Again, ploughing a path which would seem them alienated lyrically from other bands who concentrated on more “earthy” subjects, “The Fountain of Salmacis” is based on the ancient Greek myth of the nymph Salmacis who pursued the demigod Hermaphroditus, until she ended up merging with him and they became one being, hence the idea of hermaphrodites. You keeping up? Good. But lyrical matter aside, it's a beautiful song, which opens with a swirling, almost echoing keyboard that grows and falls back, grows and falls back, almost like the tide ebbing and flowing, that then gives way to Collins's workmanilke drums and Gabriel's vocal as he relates the story. The tempo picks up then as Hermaphroditus, pursuing a stag, finds himself chased by a lusty nymph. Again there are some great vocal effects, with Gabriel singing the main line and Collins (?) singing another one, as Marillion would later repeat on “Fugazi”.

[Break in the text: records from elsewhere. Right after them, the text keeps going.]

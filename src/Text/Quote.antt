-- ===== src/Text/Quote.antt =====
-- The verb `%q` of `fmt`: `strconv.Quote`, for texts whose code points outside ASCII are printable.
use chamicore.Prelude.{ℕ, ◌+◌, ◌/◌, ◌%◌, ◌||◌, [], ◌∷◌, ◌++◌, ltb, ◌==◌, if◌then◌else◌}
use chamicore.Text.{Text, codes}

abbrev pub hex_digit : ℕ → ℕ
hex_digit d = if ltb d 10 then b'0' + d else b'a' + d % 10

unfoldable pub quote_rune : ℕ → Text
quote_rune c =
    if c == 0x22 || c == 0x5c
    then 0x5c ∷ c ∷ []
    else if c == 7
    then codes "\\a"
    else if c == 8
    then codes "\\b"
    else if c == 9
    then codes "\\t"
    else if c == 10
    then codes "\\n"
    else if c == 11
    then codes "\\v"
    else if c == 12
    then codes "\\f"
    else if c == 13
    then codes "\\r"
    else if ltb c 0x20 || c == 0x7f
    then codes "\\x" ++ hex_digit (c / 16) ∷ hex_digit (c % 16) ∷ []
    else c ∷ []

unfoldable pub quote_runes : Text → Text
unfolding quote_rune
quote_runes [] = []
quote_runes (c ∷ cs) = quote_rune c ++ quote_runes cs

unfoldable pub quoted : Text → Text
unfolding quote_runes
quoted s = 0x22 ∷ (quote_runes s ++ 0x22 ∷ [])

The song runs for eight minutes, therefore making it the third epic on the album, and around the second minute that swirling, rising keyboard line returns to usher in the next verse. In the denouement, as the demigod shrinks back from the nymph and she refuses to be parted from him and calls on the gods to witness their union, Collins goes mad on the kit, with Banks setting up a real tarantella on the mellotron, driving home the danger and the urgency as Hermaphroditus tries to get away, unsuccessfully. A squealing guitar solo from Hackett underlines the struggle, then a vocal chorus witnesses the joining. Another long instrumental passage, somewhat in the mould of “Hogweed” before Banks takes control again with first the mellotron then a reprise of the keyboard intro to take the song into its final verse, the doom of the god and a sonorous organ brings everything to a close as Gabriel sighs ”Both had given everything they had” and they had, quite literally, each giving up their individuality to become one. A metaphor for marriage? Maybe. Don't ask me. All I know is there is a superb guitar solo to almost close the track, and the album out, before a rising organ and sussurating cymbals underline the final chapter in this tragedy, and with that final flourish the album comes to an end.

TRACK LISTING

The Musical Box
For Absent Friends
The Return of the Giant Hogweed
Seven Stones
Harold the Barrel
Harlequin
The Fountain of Salmacis

There's nobody, myself included, who could deny this album is self-indulgent, and on a grand scale. Not really until Yes began getting established, and ELP came on the scene, would rock see such excess both in terms of lyrical content and musical interpretation. None of these songs, like the previous album in fact, feature anything like a rock guitar solo, a verse/verse/chorus/verse structure; in fact, some of the songs don't even have choruses and in that way I suppose they're as close to jazz in terms of being freeform. The songs tend to look to teach rather than just repeat cliches, to open up a world of classical influences, including literature, theatre, philosophy and religion, and to make the listener actually think about the lyrics. It's a heavy album, but worth the slogging through I believe.

But if their newly won fans thought that was epic, they would be knocked sideways by what they would hear next.